Key FAA drone rules on remote ID and operations over people are still on schedule to be published in December as the agency refocuses on beyond-line-of-sight rules, said Jay Merkle, executive director of the FAA Unmanned Aircraft Systems Integration Office, at a virtual Association for Unmanned Vehicle Systems International conference Wednesday. “They are currently in interagency review … the last step before we go to a final rule,” he said. Other speakers said public perception of drones is critical to adoption and how regulators view them and was helped by increased use during the COVID-19 pandemic.
Senate Commerce Committee Chairman Roger Wicker, R-Miss., and House Commerce Committee ranking member Greg Walden, R-Ore., filed the Beat China by Harnessing Important, National Airwaves for 5G Act Wednesday in a bid to codify the DOD’s deal with the FCC to sell commercial use of the 3.45-3.55 GHz band (see 2008100038). Americans for Tax Reform, Heritage Action, TechFreedom and 40 other right-leaning groups, meanwhile, raised concerns with Senate Communications Subcommittee Chairman John Thune, R-S.D., that DOD’s recent request for information on dynamic spectrum sharing of the frequency slice (see 2009210056) could be an avenue to 5G nationalization.

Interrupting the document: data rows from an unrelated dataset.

-- ===== src/Run/Status.antt =====
-- What `Run.status` tells of the numbers in the response.
use conduit_client_python.Prelude.{
  zero, suc, ◌≡◌, refl, String, Option, none, some, arith, lower, after_prefix,
}
use conduit_client_python.Prelude.Int.{ℤ, pos, negsuc}
use conduit_client_python.Errors.{Exception, Outcome, ok, raised}
use conduit_client_python.Wire.{PipelineState}
use conduit_client_python.Run.{
  strip_enum_prefix, status_name, stopped_reason_name, status_prefix, stopped_reason_prefix,
  RunStatus, run_status,
}

-- The five statuses that `RunStatus` documents, by their numbers in the API.
abbrev pub documented_status : ℤ → Option String
documented_status (pos zero) = some "unspecified"
documented_status (pos (suc zero)) = some "running"
documented_status (pos (suc (suc zero))) = some "stopped"
documented_status (pos (suc (suc (suc zero)))) = some "degraded"
documented_status (pos (suc (suc (suc (suc zero))))) = some "recovering"
documented_status (pos (suc (suc (suc (suc (suc n)))))) = none
documented_status (negsuc n) = none

-- The three reasons.
abbrev pub documented_reason : ℤ → Option String
documented_reason (pos zero) = some "unspecified"
documented_reason (pos (suc zero)) = some "user"
documented_reason (pos (suc (suc zero))) = some "system"
documented_reason (pos (suc (suc (suc n)))) = none
documented_reason (negsuc n) = none

-- The name of a number, stripped and lowered, or the `ValueError` of a number that has none.
abbrev Shown : (ℤ → Outcome String) → String → ℤ → Option String → Type 0
Shown name prefix n none = (text : String) × (name n ≡ raised (Exception.value_error text))
Shown name prefix n (some s) =
    (full : String) × (name n ≡ ok full) × (strip_enum_prefix full prefix ≡ s)

status_name-Shown : (n : ℤ) → Shown status_name status_prefix n (documented_status n)
unfolding status_name strip_enum_prefix lower after_prefix
status_name-Shown (pos zero) = ("STATUS_UNSPECIFIED", refl, refl)
status_name-Shown (pos (suc zero)) = ("STATUS_RUNNING", refl, refl)
status_name-Shown (pos (suc (suc zero))) = ("STATUS_STOPPED", refl, refl)
status_name-Shown (pos (suc (suc (suc zero)))) = ("STATUS_DEGRADED", refl, refl)
status_name-Shown (pos (suc (suc (suc (suc zero))))) = ("STATUS_RECOVERING", refl, refl)
status_name-Shown (pos (suc (suc (suc (suc (suc n)))))) =
    ("Enum Status has no name defined for value", ground arith)
status_name-Shown (negsuc n) = ("Enum Status has no name defined for value", refl)

stopped_reason_name-Shown :
    (n : ℤ) → Shown stopped_reason_name stopped_reason_prefix n (documented_reason n)
unfolding stopped_reason_name strip_enum_prefix lower after_prefix
stopped_reason_name-Shown (pos zero) = ("STOPPED_REASON_UNSPECIFIED", refl, refl)
stopped_reason_name-Shown (pos (suc zero)) = ("STOPPED_REASON_USER", refl, refl)
stopped_reason_name-Shown (pos (suc (suc zero))) = ("STOPPED_REASON_SYSTEM", refl, refl)
stopped_reason_name-Shown (pos (suc (suc (suc n)))) =
    ("Enum StoppedReason has no name defined for value", ground arith)
stopped_reason_name-Shown (negsuc n) = ("Enum StoppedReason has no name defined for value", refl)

-- The status of a state, from its documented texts; a number without one is an error.
abbrev pub expected : String → Option String → Option String → Option RunStatus
expected error (some s) (some r) = some (record { status = s; error = error; stopped_reason = r })
expected error _ _ = none

-- The result is the expected status, or a `ValueError` where none is expected.
abbrev pub Agrees : Outcome RunStatus → Option RunStatus → Type 0
Agrees result (some s) = result ≡ ok s
Agrees result none = (text : String) × (result ≡ raised (Exception.value_error text))

run_status_of :
    (state : PipelineState) (s r : Option String)
    → Shown status_name status_prefix state.status s
    → Shown stopped_reason_name stopped_reason_prefix state.stopped_reason r
    → Agrees (run_status state) (expected state.error s r)
unfolding run_status
run_status_of state (some s) (some r) (a, ha, ea) (b, hb, eb) = rw (ha, hb, ea, eb) refl
run_status_of state (some s) none (a, ha, ea) (text, hb) = (text, rw (ha, hb) refl)
run_status_of state none r (text, ha) hb = (text, rw ha refl)

-- A status is the documented text for the number of the state, its reason likewise, and its error
-- that of the state, as it came. A number with no documented text, as a newer engine may send, or a
-- negative one, raises a `ValueError`, which is no `ConduitError`.
pub run_status-Agrees :
    (state : PipelineState)
    → Agrees (run_status state) (
        expected state.error
          (documented_status state.status)
          (documented_reason state.stopped_reason))
run_status-Agrees state =
    run_status_of state (documented_status state.status) (documented_reason state.stopped_reason)
      (status_name-Shown state.status) (stopped_reason_name-Shown state.stopped_reason)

Democratic presidential nominee Joe Biden, if he wins the Nov. 3 election, is likely to be “very receptive” to coming legislation from House Antitrust Subcommittee members to implement recommendations from their Tuesday report on competition in the digital economy, subpanel Chairman David Cicilline, D-R.I., said Wednesday. The report called for bills to institute structural separation and line of business restrictions to address alleged abuse of market power by Google, Facebook, Amazon and other major tech companies (see 2010060062).
Recent Viasat and Hughes challenges to SpaceX's latency claims for its nascent Starlink constellation (for example, see 2009210012) are aimed at forestalling its being competition in the upcoming Rural Digital Opportunity Fund Phase I auction, we're told. FCC Chairman Ajit Pai said it will be difficult for a low earth orbit constellation like SpaceX's to qualify (see 2006090031). An FCC official told us the qualified bidder list for the auction could be released as soon as Thursday. The FCC declined comment.
A possible switch from an elected to governor-appointed New Mexico Public Regulation Commission is dividing current and possibly future members. New Mexicans will vote Nov. 3 on that issue and on who will fill two commissioner seats at least until 2023, when the change would take effect. Nine other states also have utility regulator elections this year, with several candidates talking broadband.
The Supreme Court met arguments from Google and Oracle with skepticism Wednesday in a case that could decide whether programming code is copyrightable (see 2008070054). Oracle sued Google for its use of Java programming code. Google has a right to provide a “certain functionality to make a computer do something” under Section 102(b) of the Copyright Act, argued Google attorney Thomas Goldstein. If there were alternatives, that would be “another matter,” he said, but because there’s only one way, there’s no copyright protection.
COVID-19 pulled the telemedicine industry “forward by a number of years,” Doctor on Demand CEO Hill Ferguson told an Axios webinar Tuesday. “Overall patient demand has pulled in at least two or three years.” The “overall acceptance” of telemedicine by the “broader healthcare ecosystem has probably accelerated five to 10 years,” he said.
Disagreements surfaced in replies in the annual Communications Act Section 706 proceeding on whether broadband is now being deployed in a reasonable and timely manner, with a majority urging the FCC to back away from the conclusion, especially in light of the COVID-19 pandemic. In April, FCC Democrats also said the agency was wrong to draw that positive finding, given current deployment levels (see 2004240042). Replies were posted Tuesday in docket 20-269.
The 9th U.S. Circuit Court of Appeals should grant the FTC’s request for en banc review in its antitrust case against Qualcomm (see 2009250068), tech groups, auto manufacturers, consumers and scholars told the court in briefs filed through Tuesday (in Pacer). The agency is appealing a three-judge panel’s decision in favor of Qualcomm (see 2008190043).
An FCC order on allowing AM stations to go all-digital wouldn’t codify a specific technical standard or impose additional interference restrictions on the fledgling service and would require a 30-day waiting period for stations to provide notice, said the draft Tuesday. The order was released with other drafts for the Oct. 27 commissioners’ meeting (see 2010060056).